3.4. De voordelen van een Europese justitiële ruimte voor de burger


22.

3.4.1. De toegang tot de rechter verbeteren


Betere toegang tot de rechter is van wezenlijk belang om de mogelijkheden van de Europese justitiële ruimte ten volle te benutten, vooral bij grensoverschrijdende procedures. Daarom moeten er meer mogelijkheden komen op het gebied van rechtsbijstand . Tegelijkertijd moeten de systemen voor alternatieve geschillenbeslechting verder worden verbeterd, zeker op het gebied van het consumentenrecht.

De burgers moeten hulp krijgen om taalbarrières die de toegang tot de rechter bemoeilijken, uit de weg te ruimen: meer gebruikmaken van automatische vertaling, voor zover mogelijk, proberen de kwaliteit van mondelinge en schriftelijke vertalingen op juridisch gebied te verbeteren, de beschikbare middelen in de lidstaten bundelen, via de koppeling van databases van tolken en vertalers, of eventueel gebruikmaken van tolken op afstand via videoconferenties.

E-justice biedt geweldige mogelijkheden.
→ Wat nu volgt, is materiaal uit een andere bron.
-- ===== src/Oauth/Storage.antt =====
-- `to_storage_dict` and `from_storage_dict` are inverse to each other over JSON.
use lehen.Prelude.{
  ℕ, String, true, All, Option, none, some, ◌≡◌, refl, sym, ap, ◌∙◌, inl, inr, Option-cases,
}
use lehen.Prelude.Dict.{Dict, lookup}
use lehen.Hub.{Value, num, text, null, Host}
use lehen.Hub.Values.{is_plain}
use lehen.Oauth.Tokens.{
  OAuthTokens, to_storage_dict, from_storage_dict, optional, optional_text, text_or_default,
}

-- `json.loads` gives back what `json.dumps` made of the dict, in some order of the keys.
abbrev pub LoadsBack : Host → Dict Value → Type 0
LoadsBack host doc =
    (r : Dict Value) × (host.json_loads (host.json_dumps doc) ≡ some r)
    × ((k : String) → lookup k r ≡ lookup k doc)

-- The json module gives back every object of texts, numbers and nulls.
abbrev pub JsonLaw : Host → Type 0
JsonLaw host = (doc : Dict Value) → All (λ kv. is_plain kv.1 ≡ true) doc → LoadsBack host doc

-- `int` of a number is the number.
abbrev pub IntLaw : Host → Type 0
IntLaw host = (n : ℕ) → host.int (num n) ≡ some n

-- the tokens of a blob that was decrypted
abbrev pub loaded_tokens : Host → Option (Dict Value) → Option OAuthTokens
loaded_tokens host none = none
loaded_tokens host (some doc) = from_storage_dict host doc

pub from_storage_dict-to_storage_dict :
    (host : Host) (doc : Dict Value) (t : OAuthTokens)
    → IntLaw host
    → ((k : String) → lookup k doc ≡ lookup k (to_storage_dict t))
    → from_storage_dict host doc ≡ some t
unfolding from_storage_dict to_storage_dict lookup
from_storage_dict-to_storage_dict host doc t int same =
    let access : lookup "access_token" doc ≡ some (text t.access_token) = same "access_token" in
    let refresh : lookup "refresh_token" doc ≡ some (optional t.refresh_token) =
      same "refresh_token" in
    let expires : lookup "expires_at" doc ≡ some (num t.expires_at) = same "expires_at" in
    let scope : lookup "scope" doc ≡ some (text t.scope) = same "scope" in
    let kind : lookup "token_type" doc ≡ some (text t.token_type) = same "token_type" in
    let same_scope : text_or_default host "scope" "" doc ≡ t.scope =
      rw (text_or_default, scope) refl in
    let same_kind : text_or_default host "token_type" "Bearer" doc ≡ t.token_type =
      rw (text_or_default, kind) refl in
    elim (Option-cases t.refresh_token) [
      | inl absent ↦
          let none_given : lookup "refresh_token" doc ≡ some null =
            refresh ∙ ap (λ o. some (optional o)) absent in
          let same_refresh : optional_text host (lookup "refresh_token" doc) ≡ t.refresh_token =
            rw none_given (sym absent) in
          rw
            (
              from_storage_dict,
              access,
              expires,
              int t.expires_at,
              same_refresh,
              same_scope,
              same_kind,
            )
            refl
      | inr (r, present) ↦
          let given : lookup "refresh_token" doc ≡ some (text r) =
            refresh ∙ ap (λ o. some (optional o)) present in
          let same_refresh : optional_text host (lookup "refresh_token" doc) ≡ t.refresh_token =
            rw given (sym present) in
          rw
            (
              from_storage_dict,
              access,
              expires,
              int t.expires_at,
              same_refresh,
              same_scope,
              same_kind,
            )
            refl
    ]

to_storage_dict-plain : (t : OAuthTokens) → All (λ kv. is_plain kv.1 ≡ true) (to_storage_dict t)
unfolding to_storage_dict
to_storage_dict-plain t =
    let token : is_plain (optional t.refresh_token) ≡ true =
      elim t.refresh_token as (λ o. is_plain (optional o) ≡ true) [ none ↦ refl | some r ↦ refl ] in
    (refl, (token, (refl, (refl, (refl, tt)))))

-- What was stored is what is loaded.
pub loaded_tokens-stored :
    (host : Host) (t : OAuthTokens)
    → JsonLaw host
    → IntLaw host
    → loaded_tokens host (host.json_loads (host.json_dumps (to_storage_dict t))) ≡ some t
loaded_tokens-stored host t json int =
    let (r, read, same) = json (to_storage_dict t) (to_storage_dict-plain t) in
    ap (loaded_tokens host) read ∙ from_storage_dict-to_storage_dict host r t int same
Via dit Europese portaal kunnen mensen beter worden geïnformeerd over hun rechten en kunnen zij informatie krijgen over de verschillende rechtssystemen. Er dient vaker gebruik te worden gemaakt van videoconferentie, bijvoorbeeld om slachtoffers een onnodige reis te besparen. Bepaalde Europese procedures (zoals het Europees betalingsbevel of de beslechting van geschillen over geringe vorderingen) kunnen op termijn online worden afgehandeld. Overeenkomstig de regels inzake gegevensbescherming worden bepaalde nationale registers geleidelijk gekoppeld (zoals de insolventieregisters voor personen en ondernemingen).

Ook sommige formaliteiten voor de legalisatie van akten en documenten vormen een belemmering of een buitensporige belasting. Uitgaande van de mogelijkheden van de moderne technologie, zoals de digitale handtekening, dient de Unie te overwegen om tussen de lidstaten alle formaliteiten voor de legalisatie van authentieke akten af te schaffen . Eventueel moet worden overwogen Europese authentieke akten in te voeren.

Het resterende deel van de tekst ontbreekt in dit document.